> **YOUR GOAL**: Your job is to set down the stretch of entries that opens with the line containing "filename src/Ssl/Connect.antt" and closes with the line containing "-- closes that". Keep both end lines, copy each exactly, and add nothing.

> **Collected data**:
+--

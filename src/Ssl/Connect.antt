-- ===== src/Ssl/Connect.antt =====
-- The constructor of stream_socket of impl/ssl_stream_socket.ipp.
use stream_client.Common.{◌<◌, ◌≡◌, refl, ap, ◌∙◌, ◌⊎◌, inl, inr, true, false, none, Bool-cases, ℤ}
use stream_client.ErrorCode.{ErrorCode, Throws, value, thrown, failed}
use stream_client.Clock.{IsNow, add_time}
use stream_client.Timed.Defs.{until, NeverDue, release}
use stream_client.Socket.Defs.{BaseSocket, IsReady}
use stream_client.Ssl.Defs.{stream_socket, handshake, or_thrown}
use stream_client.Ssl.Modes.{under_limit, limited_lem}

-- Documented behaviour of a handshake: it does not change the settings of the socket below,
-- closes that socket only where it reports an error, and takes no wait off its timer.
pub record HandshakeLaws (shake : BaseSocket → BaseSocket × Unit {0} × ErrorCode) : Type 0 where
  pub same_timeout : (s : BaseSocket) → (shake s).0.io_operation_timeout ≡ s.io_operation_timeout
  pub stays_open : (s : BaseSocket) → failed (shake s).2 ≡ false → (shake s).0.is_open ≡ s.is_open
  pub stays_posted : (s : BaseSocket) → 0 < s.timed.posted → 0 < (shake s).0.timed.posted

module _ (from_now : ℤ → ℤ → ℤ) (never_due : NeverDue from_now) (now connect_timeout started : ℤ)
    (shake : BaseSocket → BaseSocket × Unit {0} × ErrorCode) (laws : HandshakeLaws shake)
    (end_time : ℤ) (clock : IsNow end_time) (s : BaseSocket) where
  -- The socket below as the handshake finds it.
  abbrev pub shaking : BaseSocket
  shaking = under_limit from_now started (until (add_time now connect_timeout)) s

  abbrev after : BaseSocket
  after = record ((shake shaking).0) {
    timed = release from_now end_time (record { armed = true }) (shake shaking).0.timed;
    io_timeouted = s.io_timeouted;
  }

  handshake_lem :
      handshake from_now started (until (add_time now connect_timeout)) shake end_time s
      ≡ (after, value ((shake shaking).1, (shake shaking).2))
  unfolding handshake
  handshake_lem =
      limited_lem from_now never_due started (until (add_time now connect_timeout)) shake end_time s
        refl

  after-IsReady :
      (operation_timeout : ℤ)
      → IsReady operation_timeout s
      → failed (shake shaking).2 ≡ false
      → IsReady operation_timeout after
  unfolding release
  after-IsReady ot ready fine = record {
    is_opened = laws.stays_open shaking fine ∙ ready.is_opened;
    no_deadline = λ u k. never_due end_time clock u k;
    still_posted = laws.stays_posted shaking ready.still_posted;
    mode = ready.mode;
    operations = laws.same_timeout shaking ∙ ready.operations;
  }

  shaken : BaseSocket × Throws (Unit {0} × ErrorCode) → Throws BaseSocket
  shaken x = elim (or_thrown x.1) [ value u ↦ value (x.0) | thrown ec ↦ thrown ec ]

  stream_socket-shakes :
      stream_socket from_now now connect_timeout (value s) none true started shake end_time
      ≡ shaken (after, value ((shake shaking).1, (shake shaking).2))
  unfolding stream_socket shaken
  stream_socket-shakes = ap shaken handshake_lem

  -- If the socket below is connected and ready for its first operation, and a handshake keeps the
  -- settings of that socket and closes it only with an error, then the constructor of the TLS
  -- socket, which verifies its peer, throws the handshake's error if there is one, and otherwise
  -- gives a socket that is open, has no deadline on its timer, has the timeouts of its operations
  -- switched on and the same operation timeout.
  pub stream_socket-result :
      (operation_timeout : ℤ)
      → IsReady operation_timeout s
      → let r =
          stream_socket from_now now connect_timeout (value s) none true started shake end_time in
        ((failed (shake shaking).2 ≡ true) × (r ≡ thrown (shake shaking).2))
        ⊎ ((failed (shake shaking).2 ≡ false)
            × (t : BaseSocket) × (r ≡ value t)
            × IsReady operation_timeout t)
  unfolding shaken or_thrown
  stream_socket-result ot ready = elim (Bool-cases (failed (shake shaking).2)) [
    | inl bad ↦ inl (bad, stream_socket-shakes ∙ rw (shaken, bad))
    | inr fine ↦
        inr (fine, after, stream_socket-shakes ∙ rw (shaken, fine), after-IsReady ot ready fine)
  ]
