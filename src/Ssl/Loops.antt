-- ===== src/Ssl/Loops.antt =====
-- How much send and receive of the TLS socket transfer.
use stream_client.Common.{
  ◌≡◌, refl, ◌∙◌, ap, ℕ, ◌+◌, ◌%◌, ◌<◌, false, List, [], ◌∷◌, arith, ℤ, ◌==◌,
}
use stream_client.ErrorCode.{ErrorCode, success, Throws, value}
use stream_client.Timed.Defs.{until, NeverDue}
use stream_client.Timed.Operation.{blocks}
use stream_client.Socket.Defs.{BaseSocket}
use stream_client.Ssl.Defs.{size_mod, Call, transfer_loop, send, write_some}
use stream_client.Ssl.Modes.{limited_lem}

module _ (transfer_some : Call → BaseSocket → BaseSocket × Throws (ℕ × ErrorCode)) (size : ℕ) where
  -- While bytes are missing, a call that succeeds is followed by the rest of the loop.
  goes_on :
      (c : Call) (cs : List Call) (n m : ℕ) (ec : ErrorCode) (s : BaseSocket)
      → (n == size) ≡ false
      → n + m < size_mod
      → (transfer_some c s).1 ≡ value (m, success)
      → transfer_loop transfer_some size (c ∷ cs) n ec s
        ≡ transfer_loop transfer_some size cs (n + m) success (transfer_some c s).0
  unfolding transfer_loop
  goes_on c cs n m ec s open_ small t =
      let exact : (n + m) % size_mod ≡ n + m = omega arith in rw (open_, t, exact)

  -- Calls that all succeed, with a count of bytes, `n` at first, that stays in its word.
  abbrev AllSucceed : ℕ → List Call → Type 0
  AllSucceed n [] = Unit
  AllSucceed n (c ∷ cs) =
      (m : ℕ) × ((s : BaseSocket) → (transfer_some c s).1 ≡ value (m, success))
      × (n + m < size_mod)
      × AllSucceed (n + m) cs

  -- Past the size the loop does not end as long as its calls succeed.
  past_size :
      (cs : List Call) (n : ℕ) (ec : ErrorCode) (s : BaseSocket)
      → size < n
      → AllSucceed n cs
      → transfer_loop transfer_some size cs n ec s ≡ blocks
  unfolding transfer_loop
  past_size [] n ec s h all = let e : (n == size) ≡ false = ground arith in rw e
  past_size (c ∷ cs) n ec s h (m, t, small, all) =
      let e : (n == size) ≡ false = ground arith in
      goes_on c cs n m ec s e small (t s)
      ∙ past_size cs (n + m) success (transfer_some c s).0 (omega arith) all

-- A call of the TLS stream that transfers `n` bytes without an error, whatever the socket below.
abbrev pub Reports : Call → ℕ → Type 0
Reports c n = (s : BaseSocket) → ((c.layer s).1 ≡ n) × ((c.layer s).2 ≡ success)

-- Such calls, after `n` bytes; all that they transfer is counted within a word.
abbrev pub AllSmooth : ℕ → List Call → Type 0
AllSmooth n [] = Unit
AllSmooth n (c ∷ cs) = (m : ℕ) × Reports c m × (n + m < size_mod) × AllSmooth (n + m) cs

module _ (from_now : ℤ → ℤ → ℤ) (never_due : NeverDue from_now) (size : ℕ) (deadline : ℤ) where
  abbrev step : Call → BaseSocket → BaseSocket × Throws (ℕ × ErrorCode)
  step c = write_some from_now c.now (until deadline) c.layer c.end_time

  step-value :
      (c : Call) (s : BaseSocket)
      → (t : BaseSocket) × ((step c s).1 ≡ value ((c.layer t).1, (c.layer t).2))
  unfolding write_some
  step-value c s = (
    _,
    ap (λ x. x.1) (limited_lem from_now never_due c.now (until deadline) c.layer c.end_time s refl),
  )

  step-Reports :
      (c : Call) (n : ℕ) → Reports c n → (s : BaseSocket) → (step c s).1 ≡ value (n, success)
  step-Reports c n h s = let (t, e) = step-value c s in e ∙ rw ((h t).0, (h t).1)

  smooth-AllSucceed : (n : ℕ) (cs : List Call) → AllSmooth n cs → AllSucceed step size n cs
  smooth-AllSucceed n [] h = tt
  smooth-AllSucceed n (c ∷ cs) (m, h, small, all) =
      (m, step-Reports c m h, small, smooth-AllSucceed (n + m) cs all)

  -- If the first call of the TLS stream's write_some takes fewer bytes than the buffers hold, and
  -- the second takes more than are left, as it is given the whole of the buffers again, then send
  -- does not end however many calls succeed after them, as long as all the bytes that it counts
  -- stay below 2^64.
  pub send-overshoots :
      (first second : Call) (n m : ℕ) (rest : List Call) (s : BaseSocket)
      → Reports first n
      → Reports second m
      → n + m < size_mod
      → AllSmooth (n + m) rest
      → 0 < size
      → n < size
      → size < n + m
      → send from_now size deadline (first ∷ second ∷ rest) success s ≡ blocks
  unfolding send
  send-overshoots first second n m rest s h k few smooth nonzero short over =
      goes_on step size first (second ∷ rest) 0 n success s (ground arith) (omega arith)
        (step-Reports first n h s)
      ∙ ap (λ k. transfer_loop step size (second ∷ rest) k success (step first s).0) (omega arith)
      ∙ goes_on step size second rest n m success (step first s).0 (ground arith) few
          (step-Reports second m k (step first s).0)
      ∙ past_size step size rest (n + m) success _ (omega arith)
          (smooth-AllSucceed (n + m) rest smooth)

+--

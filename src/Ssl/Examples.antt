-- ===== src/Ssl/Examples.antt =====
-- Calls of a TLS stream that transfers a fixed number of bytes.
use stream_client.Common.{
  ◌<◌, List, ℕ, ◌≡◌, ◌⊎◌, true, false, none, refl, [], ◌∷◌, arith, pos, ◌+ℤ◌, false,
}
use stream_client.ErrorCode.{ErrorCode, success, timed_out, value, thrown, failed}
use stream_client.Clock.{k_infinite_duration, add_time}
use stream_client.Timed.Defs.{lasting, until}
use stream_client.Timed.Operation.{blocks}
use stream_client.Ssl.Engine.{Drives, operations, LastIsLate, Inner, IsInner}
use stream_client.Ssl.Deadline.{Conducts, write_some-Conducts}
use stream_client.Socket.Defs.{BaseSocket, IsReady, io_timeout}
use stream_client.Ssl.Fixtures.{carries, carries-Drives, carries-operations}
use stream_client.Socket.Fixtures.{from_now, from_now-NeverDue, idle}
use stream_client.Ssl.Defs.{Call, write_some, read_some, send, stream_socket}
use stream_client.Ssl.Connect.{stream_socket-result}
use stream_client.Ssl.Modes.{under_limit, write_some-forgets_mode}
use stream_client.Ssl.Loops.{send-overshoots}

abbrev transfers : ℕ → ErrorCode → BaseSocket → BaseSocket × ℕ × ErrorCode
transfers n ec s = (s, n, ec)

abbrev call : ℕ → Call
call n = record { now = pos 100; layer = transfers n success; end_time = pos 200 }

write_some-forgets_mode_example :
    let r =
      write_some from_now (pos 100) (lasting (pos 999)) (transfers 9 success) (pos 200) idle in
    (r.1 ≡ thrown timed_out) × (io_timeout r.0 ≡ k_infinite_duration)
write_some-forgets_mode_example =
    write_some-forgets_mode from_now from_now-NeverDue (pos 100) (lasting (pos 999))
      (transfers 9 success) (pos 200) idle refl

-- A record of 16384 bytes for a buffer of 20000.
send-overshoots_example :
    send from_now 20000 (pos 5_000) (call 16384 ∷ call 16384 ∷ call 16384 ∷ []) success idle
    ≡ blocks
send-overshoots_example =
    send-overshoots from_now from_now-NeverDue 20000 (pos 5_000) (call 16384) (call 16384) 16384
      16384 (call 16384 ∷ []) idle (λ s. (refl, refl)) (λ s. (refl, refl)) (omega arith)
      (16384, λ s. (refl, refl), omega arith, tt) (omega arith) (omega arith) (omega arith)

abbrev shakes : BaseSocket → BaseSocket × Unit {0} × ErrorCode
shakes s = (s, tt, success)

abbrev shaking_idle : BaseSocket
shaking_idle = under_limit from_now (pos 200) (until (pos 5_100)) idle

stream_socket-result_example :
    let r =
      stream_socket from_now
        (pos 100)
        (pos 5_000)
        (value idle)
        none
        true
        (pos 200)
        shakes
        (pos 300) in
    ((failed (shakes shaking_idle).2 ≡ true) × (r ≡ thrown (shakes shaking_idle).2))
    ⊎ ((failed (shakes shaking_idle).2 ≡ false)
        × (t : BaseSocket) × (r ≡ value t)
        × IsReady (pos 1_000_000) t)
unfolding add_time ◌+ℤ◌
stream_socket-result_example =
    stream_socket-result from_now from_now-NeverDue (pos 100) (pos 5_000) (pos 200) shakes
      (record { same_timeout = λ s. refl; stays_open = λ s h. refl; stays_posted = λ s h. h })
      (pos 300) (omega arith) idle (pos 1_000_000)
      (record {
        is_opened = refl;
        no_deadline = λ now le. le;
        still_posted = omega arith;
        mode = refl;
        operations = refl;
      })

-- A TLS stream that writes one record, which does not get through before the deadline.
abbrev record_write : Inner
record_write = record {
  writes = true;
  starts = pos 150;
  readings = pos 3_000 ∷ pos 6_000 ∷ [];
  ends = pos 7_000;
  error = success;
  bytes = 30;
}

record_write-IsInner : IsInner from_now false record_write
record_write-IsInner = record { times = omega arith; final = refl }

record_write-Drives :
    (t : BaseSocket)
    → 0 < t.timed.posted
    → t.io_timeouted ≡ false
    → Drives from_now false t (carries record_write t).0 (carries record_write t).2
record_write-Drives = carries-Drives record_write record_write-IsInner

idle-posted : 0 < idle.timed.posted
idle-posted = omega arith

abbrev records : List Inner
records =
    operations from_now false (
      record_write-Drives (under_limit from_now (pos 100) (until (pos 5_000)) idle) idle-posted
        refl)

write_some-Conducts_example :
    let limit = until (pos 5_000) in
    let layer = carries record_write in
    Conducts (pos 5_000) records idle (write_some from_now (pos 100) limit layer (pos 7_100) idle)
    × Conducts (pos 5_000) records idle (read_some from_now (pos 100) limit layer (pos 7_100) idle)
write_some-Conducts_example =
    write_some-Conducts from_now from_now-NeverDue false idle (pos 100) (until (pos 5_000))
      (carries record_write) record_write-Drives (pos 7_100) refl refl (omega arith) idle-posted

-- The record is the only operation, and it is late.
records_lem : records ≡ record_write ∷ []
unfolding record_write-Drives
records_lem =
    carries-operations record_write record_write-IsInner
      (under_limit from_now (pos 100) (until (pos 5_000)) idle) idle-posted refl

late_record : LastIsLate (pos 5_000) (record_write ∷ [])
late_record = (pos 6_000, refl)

+--

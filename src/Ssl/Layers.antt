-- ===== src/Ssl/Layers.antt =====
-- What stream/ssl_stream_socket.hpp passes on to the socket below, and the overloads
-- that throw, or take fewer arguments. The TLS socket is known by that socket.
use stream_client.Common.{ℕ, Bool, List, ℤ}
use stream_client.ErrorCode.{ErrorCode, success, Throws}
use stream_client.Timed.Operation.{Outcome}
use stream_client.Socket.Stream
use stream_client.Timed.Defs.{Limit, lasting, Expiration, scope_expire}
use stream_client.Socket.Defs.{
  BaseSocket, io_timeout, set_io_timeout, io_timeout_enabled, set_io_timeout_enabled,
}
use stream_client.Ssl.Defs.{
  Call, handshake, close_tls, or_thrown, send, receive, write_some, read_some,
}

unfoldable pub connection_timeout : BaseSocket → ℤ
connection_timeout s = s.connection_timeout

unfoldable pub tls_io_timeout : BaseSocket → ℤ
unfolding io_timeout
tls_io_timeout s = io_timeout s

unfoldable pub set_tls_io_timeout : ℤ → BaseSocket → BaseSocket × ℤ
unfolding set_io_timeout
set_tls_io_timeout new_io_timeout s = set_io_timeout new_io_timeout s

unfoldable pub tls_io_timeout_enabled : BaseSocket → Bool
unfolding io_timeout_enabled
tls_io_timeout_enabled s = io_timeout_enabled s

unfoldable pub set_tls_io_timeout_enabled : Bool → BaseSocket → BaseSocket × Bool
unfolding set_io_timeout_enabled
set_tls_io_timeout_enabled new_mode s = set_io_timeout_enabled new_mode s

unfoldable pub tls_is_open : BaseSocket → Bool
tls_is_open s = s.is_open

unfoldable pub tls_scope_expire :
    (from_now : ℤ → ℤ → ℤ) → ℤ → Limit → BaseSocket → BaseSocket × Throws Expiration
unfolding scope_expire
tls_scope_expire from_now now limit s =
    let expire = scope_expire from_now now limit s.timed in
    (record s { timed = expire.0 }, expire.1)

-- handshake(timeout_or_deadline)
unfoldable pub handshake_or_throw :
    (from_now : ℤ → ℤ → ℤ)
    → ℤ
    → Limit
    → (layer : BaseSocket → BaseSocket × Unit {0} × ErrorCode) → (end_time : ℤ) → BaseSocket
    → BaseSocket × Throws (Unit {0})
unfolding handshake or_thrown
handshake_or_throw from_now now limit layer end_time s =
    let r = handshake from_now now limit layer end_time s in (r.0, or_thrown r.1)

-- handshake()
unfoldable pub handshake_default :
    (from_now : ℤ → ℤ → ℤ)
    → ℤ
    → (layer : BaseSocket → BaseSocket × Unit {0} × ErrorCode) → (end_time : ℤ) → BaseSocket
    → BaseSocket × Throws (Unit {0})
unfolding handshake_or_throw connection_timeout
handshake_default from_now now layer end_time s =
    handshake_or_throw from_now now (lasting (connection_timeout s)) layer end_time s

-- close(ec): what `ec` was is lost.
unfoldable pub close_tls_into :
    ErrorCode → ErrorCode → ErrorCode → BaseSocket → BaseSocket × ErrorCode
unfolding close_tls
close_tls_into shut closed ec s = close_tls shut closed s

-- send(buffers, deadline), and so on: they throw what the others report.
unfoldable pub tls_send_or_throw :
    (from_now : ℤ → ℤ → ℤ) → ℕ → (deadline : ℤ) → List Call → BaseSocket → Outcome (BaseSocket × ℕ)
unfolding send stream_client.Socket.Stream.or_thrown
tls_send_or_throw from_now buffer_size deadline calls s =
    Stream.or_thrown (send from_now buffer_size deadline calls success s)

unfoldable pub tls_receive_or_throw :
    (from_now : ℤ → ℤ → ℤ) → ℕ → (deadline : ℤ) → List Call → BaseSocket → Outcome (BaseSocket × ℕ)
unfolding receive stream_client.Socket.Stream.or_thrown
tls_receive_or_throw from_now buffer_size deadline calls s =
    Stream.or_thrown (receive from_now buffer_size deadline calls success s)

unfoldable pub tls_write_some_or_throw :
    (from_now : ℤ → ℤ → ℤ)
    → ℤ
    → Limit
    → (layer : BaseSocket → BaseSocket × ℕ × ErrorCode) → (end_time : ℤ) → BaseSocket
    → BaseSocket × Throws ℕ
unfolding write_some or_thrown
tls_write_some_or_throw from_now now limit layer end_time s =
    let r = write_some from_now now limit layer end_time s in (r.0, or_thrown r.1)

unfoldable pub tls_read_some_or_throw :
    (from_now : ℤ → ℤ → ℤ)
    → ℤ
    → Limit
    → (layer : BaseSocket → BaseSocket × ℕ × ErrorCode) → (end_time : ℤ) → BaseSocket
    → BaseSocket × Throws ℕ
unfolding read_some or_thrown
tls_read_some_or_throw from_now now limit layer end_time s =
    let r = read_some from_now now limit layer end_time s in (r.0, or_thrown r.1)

+--

> **TASK ANSWER**:
filename src/Ssl/Connect.antt
-- ===== src/Ssl/Connect.antt =====
-- The constructor of stream_socket of impl/ssl_stream_socket.ipp.
use stream_client.Common.{◌<◌, ◌≡◌, refl, ap, ◌∙◌, ◌⊎◌, inl, inr, true, false, none, Bool-cases, ℤ}
use stream_client.ErrorCode.{ErrorCode, Throws, value, thrown, failed}
use stream_client.Clock.{IsNow, add_time}
use stream_client.Timed.Defs.{until, NeverDue, release}
use stream_client.Socket.Defs.{BaseSocket, IsReady}
use stream_client.Ssl.Defs.{stream_socket, handshake, or_thrown}
use stream_client.Ssl.Modes.{under_limit, limited_lem}

-- Documented behaviour of a handshake: it does not change the settings of the socket below,
-- closes that socket only where it reports an error, and takes no wait off its timer.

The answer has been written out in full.